• [The data]:
+===+

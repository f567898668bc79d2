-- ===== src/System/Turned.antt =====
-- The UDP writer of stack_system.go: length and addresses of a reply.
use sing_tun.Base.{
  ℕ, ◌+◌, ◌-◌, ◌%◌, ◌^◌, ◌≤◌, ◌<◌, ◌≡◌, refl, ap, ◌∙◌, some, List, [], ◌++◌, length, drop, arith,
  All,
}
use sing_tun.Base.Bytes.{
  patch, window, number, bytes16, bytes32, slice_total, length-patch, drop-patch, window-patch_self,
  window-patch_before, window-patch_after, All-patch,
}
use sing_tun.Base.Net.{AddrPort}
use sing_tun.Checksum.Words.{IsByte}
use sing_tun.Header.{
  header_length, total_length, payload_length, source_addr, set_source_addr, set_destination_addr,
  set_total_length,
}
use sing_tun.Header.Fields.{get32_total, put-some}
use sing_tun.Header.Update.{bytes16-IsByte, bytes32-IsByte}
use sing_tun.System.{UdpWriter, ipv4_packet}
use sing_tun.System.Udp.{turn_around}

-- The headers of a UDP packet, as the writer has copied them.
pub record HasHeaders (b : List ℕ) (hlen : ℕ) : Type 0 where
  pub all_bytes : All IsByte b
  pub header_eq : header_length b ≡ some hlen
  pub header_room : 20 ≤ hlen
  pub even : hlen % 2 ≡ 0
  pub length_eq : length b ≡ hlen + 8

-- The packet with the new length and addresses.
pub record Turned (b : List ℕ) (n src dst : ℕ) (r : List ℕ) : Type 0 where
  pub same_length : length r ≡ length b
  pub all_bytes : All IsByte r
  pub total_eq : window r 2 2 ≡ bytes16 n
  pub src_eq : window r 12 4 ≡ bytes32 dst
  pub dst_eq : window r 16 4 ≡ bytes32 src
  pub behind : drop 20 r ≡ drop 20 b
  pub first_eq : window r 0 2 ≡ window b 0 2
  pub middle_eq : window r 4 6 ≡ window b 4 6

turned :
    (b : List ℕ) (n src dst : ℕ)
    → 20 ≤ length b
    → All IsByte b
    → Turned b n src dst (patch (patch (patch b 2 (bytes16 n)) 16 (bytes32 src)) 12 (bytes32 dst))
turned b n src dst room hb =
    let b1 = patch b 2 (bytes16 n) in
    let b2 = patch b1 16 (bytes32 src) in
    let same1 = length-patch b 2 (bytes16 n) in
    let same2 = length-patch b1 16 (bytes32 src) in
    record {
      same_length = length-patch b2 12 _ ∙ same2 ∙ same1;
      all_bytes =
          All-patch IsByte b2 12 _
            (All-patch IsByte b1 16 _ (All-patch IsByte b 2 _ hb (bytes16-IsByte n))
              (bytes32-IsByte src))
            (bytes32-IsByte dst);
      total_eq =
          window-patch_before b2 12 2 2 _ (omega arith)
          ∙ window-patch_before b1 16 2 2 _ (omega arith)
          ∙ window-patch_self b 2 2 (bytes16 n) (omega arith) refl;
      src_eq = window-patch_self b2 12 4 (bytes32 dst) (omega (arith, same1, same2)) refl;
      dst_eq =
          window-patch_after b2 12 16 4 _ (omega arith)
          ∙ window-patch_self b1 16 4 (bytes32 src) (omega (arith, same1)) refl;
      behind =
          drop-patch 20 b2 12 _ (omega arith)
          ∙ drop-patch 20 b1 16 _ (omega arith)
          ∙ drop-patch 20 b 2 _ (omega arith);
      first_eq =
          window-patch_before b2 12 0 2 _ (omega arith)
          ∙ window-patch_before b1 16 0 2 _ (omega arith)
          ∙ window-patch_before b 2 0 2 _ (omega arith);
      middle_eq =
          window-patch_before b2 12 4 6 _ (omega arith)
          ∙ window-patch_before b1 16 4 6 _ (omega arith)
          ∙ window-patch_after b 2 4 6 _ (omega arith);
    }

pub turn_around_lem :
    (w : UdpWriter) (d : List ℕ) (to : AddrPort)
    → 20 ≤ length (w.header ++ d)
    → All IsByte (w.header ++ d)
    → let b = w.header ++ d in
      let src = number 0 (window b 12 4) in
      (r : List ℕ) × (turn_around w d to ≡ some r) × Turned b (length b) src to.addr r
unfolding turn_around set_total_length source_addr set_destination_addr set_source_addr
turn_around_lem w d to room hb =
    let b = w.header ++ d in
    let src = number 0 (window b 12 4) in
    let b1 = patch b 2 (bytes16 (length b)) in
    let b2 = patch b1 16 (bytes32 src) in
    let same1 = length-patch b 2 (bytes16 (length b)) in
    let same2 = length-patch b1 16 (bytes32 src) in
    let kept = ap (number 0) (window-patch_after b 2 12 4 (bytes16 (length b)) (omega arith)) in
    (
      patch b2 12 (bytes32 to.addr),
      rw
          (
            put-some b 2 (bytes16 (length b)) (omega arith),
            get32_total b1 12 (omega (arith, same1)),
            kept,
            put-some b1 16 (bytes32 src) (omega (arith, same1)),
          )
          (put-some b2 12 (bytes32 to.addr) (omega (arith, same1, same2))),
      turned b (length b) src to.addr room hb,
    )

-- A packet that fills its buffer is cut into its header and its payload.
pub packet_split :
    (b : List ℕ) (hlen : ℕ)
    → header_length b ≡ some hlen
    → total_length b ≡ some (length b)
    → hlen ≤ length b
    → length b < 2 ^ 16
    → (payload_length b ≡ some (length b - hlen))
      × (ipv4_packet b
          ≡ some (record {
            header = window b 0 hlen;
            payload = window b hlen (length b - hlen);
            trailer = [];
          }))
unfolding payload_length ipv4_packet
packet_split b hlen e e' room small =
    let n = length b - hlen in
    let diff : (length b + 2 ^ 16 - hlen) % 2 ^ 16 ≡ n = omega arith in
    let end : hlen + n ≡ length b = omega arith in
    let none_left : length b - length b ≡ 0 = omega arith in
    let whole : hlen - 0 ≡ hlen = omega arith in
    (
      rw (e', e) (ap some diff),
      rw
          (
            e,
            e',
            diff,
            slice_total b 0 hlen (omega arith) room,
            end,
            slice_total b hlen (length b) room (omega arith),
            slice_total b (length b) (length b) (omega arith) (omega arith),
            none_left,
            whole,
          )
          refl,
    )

+===+

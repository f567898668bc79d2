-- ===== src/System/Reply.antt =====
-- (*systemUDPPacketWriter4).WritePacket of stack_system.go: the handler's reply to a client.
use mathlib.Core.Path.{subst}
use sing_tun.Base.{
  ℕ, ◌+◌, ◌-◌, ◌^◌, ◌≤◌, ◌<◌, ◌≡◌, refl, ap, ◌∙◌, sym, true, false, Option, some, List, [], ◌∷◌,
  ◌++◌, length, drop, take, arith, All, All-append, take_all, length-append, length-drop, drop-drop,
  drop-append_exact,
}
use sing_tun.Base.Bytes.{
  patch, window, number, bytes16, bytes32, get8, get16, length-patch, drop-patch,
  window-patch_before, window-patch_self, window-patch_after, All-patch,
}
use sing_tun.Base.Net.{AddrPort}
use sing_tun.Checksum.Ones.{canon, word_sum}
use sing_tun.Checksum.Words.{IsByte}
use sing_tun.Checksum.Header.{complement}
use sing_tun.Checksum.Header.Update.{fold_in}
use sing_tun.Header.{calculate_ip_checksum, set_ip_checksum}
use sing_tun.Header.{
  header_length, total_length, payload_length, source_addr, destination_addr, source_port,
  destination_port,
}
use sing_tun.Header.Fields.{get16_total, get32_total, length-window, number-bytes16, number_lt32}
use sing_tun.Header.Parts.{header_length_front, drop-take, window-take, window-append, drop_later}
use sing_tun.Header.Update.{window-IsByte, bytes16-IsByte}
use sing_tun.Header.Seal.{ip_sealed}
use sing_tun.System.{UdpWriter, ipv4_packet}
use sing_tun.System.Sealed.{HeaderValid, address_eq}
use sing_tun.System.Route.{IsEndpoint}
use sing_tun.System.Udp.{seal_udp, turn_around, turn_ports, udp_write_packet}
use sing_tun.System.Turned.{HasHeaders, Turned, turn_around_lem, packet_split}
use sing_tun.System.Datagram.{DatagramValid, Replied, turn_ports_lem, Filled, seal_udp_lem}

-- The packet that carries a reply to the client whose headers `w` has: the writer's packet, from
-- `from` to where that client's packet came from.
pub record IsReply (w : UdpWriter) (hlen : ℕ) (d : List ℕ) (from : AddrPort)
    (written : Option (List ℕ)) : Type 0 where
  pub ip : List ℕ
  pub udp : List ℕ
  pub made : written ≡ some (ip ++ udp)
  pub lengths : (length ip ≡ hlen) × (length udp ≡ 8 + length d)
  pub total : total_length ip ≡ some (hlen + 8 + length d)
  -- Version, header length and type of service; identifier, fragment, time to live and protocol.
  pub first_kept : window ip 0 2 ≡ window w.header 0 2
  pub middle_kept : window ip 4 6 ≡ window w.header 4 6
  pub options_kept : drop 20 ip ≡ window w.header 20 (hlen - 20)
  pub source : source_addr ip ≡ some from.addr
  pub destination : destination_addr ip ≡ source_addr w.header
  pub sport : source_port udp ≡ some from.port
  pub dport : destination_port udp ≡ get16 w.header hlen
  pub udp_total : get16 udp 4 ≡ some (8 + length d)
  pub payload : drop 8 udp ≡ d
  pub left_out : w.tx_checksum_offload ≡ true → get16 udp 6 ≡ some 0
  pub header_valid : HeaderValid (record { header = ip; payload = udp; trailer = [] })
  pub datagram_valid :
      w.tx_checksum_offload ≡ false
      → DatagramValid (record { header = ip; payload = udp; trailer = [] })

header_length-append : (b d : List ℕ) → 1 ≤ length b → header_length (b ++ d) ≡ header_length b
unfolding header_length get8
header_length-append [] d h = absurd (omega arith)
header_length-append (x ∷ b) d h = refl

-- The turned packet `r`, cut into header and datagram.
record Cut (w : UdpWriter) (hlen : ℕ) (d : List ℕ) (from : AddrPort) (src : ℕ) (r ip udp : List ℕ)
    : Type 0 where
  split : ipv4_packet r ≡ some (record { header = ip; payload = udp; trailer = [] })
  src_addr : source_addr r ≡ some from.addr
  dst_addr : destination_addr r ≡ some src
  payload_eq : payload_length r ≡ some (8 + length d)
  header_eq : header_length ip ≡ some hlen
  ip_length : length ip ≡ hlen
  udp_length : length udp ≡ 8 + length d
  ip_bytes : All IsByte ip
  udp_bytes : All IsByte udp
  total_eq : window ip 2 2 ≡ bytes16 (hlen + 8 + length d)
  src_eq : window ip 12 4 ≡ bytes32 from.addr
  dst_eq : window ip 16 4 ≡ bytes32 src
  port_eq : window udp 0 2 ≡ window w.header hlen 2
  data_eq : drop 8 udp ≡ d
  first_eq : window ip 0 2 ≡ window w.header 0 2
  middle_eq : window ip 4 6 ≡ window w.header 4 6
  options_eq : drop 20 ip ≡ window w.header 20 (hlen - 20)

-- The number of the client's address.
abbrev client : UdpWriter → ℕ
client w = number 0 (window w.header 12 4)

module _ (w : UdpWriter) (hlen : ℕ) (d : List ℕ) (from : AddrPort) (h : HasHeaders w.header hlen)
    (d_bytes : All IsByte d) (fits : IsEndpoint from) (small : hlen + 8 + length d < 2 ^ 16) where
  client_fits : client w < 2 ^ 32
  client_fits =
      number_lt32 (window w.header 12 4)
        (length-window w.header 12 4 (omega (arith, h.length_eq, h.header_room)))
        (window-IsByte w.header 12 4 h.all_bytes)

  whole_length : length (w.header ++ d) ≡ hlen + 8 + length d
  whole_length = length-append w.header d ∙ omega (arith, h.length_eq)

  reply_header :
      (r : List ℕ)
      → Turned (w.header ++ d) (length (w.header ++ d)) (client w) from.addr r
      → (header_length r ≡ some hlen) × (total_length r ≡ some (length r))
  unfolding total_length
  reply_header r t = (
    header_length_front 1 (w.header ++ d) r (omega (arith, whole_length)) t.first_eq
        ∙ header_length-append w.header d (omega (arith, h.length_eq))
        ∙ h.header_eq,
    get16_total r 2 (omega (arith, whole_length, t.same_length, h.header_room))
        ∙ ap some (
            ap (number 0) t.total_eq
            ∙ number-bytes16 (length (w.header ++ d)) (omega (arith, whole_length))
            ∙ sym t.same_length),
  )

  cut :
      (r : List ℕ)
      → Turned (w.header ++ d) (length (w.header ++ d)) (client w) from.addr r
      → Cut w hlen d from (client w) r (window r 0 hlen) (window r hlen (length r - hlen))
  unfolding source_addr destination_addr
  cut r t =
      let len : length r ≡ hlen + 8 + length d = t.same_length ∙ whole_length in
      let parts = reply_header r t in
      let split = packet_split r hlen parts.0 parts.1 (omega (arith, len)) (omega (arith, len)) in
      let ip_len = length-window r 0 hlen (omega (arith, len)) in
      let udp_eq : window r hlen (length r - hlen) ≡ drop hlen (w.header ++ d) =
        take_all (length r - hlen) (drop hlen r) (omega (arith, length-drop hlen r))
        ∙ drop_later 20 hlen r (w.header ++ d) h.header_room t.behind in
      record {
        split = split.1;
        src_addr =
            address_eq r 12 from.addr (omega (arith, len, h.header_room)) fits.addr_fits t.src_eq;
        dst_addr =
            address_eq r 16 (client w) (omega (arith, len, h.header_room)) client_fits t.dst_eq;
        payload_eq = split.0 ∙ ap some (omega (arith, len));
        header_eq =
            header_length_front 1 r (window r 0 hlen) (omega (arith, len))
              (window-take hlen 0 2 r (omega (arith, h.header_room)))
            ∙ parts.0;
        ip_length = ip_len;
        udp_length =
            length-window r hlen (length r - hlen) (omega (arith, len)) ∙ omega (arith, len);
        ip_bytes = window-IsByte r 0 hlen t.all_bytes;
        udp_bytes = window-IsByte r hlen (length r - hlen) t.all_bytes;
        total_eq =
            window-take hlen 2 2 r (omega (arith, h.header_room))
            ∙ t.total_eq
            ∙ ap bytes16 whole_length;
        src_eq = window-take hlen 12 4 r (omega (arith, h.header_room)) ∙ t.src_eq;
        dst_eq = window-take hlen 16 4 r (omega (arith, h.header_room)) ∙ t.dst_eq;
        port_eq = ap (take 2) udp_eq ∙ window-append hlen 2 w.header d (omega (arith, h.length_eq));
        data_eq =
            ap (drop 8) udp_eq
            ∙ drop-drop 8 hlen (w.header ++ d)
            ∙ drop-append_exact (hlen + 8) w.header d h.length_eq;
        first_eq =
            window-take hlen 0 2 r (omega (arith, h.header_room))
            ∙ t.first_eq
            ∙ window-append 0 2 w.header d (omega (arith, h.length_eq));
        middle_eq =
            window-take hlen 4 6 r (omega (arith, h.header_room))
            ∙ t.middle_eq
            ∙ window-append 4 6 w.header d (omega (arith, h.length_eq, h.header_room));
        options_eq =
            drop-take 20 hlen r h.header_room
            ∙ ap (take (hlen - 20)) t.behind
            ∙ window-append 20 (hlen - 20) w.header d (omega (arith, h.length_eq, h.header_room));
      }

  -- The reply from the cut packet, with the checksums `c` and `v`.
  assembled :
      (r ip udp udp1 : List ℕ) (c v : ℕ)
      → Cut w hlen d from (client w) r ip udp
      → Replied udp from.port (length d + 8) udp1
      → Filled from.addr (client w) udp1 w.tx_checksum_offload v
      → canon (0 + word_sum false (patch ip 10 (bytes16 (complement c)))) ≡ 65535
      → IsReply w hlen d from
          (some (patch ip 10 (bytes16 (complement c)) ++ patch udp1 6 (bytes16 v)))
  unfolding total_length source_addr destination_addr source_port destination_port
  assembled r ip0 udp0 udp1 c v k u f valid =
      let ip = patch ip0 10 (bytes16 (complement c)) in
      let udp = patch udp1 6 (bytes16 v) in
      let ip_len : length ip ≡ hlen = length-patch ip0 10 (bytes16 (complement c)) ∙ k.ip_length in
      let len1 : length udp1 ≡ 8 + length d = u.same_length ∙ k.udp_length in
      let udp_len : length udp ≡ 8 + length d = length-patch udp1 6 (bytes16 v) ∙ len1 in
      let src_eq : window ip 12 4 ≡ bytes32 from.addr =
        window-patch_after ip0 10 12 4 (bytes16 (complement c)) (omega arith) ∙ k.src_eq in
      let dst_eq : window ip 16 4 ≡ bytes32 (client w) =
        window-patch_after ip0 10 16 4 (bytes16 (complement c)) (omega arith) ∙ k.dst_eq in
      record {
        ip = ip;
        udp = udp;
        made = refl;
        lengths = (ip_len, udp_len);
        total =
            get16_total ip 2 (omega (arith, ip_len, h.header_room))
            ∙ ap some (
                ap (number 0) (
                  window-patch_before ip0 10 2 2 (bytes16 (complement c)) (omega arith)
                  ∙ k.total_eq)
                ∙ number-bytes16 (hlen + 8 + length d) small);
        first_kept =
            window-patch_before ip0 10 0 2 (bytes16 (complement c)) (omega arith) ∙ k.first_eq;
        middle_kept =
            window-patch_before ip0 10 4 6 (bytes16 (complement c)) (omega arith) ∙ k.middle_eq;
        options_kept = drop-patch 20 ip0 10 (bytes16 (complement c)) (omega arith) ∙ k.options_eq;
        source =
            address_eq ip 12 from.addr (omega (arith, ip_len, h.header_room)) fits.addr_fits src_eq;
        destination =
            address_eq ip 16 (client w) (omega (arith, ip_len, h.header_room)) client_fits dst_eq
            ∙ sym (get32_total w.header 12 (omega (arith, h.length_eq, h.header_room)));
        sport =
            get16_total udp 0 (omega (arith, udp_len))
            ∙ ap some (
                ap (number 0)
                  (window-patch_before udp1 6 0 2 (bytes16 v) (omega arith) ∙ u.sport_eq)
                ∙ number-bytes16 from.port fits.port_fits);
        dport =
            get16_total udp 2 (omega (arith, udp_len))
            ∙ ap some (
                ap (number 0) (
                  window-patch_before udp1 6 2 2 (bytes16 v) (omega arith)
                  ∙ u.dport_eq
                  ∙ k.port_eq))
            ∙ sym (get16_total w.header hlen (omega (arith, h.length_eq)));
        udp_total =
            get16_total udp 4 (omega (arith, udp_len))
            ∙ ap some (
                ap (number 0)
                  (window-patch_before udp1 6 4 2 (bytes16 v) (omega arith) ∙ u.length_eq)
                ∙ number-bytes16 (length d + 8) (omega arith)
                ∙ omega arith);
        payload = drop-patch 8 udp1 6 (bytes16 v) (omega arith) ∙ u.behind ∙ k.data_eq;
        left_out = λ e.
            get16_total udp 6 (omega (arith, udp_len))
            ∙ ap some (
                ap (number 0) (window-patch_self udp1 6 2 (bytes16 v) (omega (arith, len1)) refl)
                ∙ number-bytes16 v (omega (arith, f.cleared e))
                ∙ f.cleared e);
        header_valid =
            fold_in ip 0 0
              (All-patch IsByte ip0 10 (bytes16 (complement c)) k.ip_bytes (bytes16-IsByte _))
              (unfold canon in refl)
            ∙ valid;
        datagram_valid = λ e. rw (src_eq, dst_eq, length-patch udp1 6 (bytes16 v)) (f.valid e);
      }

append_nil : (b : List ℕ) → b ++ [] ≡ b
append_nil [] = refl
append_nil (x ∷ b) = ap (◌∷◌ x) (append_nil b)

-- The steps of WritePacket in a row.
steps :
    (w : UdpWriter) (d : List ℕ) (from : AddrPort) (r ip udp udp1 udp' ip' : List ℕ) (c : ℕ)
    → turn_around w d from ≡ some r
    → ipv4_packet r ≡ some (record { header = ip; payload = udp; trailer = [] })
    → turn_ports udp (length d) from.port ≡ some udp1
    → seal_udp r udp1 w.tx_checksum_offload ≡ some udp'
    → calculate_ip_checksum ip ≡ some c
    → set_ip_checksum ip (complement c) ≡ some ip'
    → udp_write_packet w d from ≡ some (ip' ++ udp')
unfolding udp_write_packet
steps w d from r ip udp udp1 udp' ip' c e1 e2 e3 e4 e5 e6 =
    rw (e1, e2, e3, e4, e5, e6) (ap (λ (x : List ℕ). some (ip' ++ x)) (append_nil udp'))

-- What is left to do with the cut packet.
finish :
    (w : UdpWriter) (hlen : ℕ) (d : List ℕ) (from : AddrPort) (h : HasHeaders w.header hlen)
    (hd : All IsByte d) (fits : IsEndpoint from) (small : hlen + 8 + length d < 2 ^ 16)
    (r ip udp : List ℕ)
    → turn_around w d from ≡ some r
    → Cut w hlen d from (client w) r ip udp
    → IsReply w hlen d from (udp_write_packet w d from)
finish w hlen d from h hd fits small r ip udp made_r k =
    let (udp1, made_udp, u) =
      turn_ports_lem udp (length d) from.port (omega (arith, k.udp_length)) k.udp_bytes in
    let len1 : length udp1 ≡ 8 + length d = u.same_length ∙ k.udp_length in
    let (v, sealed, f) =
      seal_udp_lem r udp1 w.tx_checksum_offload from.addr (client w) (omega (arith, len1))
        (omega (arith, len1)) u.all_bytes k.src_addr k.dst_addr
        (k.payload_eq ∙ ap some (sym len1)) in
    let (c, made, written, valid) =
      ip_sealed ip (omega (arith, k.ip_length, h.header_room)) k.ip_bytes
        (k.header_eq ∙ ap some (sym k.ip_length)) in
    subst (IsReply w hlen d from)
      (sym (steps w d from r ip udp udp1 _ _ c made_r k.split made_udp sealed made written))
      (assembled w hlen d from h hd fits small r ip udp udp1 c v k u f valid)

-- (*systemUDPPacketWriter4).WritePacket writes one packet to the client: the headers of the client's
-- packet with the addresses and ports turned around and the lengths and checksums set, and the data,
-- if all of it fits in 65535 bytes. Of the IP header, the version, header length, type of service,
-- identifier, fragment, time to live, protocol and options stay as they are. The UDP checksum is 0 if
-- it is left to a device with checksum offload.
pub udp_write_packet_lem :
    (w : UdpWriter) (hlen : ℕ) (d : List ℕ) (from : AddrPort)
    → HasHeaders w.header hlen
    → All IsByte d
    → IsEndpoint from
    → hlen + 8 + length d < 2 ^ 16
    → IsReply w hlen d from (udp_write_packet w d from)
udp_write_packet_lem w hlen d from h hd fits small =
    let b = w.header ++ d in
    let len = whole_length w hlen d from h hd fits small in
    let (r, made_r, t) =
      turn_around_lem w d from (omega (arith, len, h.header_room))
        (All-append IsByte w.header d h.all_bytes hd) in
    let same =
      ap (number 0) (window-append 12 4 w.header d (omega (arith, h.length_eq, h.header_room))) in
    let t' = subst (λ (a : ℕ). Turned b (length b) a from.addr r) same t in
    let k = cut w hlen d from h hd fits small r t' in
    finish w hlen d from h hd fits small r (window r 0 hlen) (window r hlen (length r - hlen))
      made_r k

+===+

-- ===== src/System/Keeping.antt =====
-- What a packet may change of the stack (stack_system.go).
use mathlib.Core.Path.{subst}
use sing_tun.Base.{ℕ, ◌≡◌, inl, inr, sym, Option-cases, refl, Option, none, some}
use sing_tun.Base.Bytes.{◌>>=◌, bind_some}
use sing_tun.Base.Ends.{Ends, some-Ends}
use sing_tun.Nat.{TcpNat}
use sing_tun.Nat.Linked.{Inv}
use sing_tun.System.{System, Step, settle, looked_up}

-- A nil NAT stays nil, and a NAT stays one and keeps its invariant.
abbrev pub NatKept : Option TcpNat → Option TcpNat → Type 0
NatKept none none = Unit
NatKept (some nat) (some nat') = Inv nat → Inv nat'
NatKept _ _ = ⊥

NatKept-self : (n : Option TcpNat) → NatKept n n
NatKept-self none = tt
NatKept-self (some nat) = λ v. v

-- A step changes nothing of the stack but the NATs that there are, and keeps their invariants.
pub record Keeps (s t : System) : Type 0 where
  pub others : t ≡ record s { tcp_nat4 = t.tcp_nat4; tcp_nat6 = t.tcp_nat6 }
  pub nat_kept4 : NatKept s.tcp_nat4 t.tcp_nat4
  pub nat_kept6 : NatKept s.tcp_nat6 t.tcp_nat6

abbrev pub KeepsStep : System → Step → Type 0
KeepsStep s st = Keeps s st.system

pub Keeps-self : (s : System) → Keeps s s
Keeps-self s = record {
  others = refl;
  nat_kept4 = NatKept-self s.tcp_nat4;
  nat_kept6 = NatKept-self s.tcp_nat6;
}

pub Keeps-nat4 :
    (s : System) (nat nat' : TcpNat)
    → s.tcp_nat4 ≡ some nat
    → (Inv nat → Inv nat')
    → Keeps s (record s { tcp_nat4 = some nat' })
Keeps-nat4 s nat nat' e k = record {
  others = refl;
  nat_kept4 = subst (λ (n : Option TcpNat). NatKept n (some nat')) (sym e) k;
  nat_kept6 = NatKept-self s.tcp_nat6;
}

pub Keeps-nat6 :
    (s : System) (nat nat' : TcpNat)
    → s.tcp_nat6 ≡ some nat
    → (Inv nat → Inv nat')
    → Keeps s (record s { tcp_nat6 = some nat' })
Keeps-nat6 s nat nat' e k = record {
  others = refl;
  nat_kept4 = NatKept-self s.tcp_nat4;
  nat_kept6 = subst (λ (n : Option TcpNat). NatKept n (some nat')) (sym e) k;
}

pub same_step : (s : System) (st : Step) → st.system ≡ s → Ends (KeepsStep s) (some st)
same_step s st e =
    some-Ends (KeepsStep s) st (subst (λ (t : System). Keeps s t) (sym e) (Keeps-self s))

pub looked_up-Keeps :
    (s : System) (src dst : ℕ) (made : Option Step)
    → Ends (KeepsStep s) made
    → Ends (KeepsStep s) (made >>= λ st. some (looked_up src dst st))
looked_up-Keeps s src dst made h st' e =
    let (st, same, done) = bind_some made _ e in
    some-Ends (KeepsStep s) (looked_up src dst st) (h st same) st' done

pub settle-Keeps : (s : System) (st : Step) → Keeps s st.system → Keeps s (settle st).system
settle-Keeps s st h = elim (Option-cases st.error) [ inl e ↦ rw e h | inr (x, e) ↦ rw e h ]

+===+

• [Exercise brief]:
Using the entries above, extract exactly the span from the line with "let (st, same, done)" to the line with "settle-Keeps s st", both lines included; leave out everything else.

• [Exercise result]:
    let (st, same, done) = bind_some made _ e in
    some-Ends (KeepsStep s) (looked_up src dst st) (h st same) st' done

pub settle-Keeps : (s : System) (st : Step) → Keeps s st.system → Keeps s (settle st).system
settle-Keeps s st h = elim (Option-cases st.error) [ inl e ↦ rw e h | inr (x, e) ↦ rw e h ]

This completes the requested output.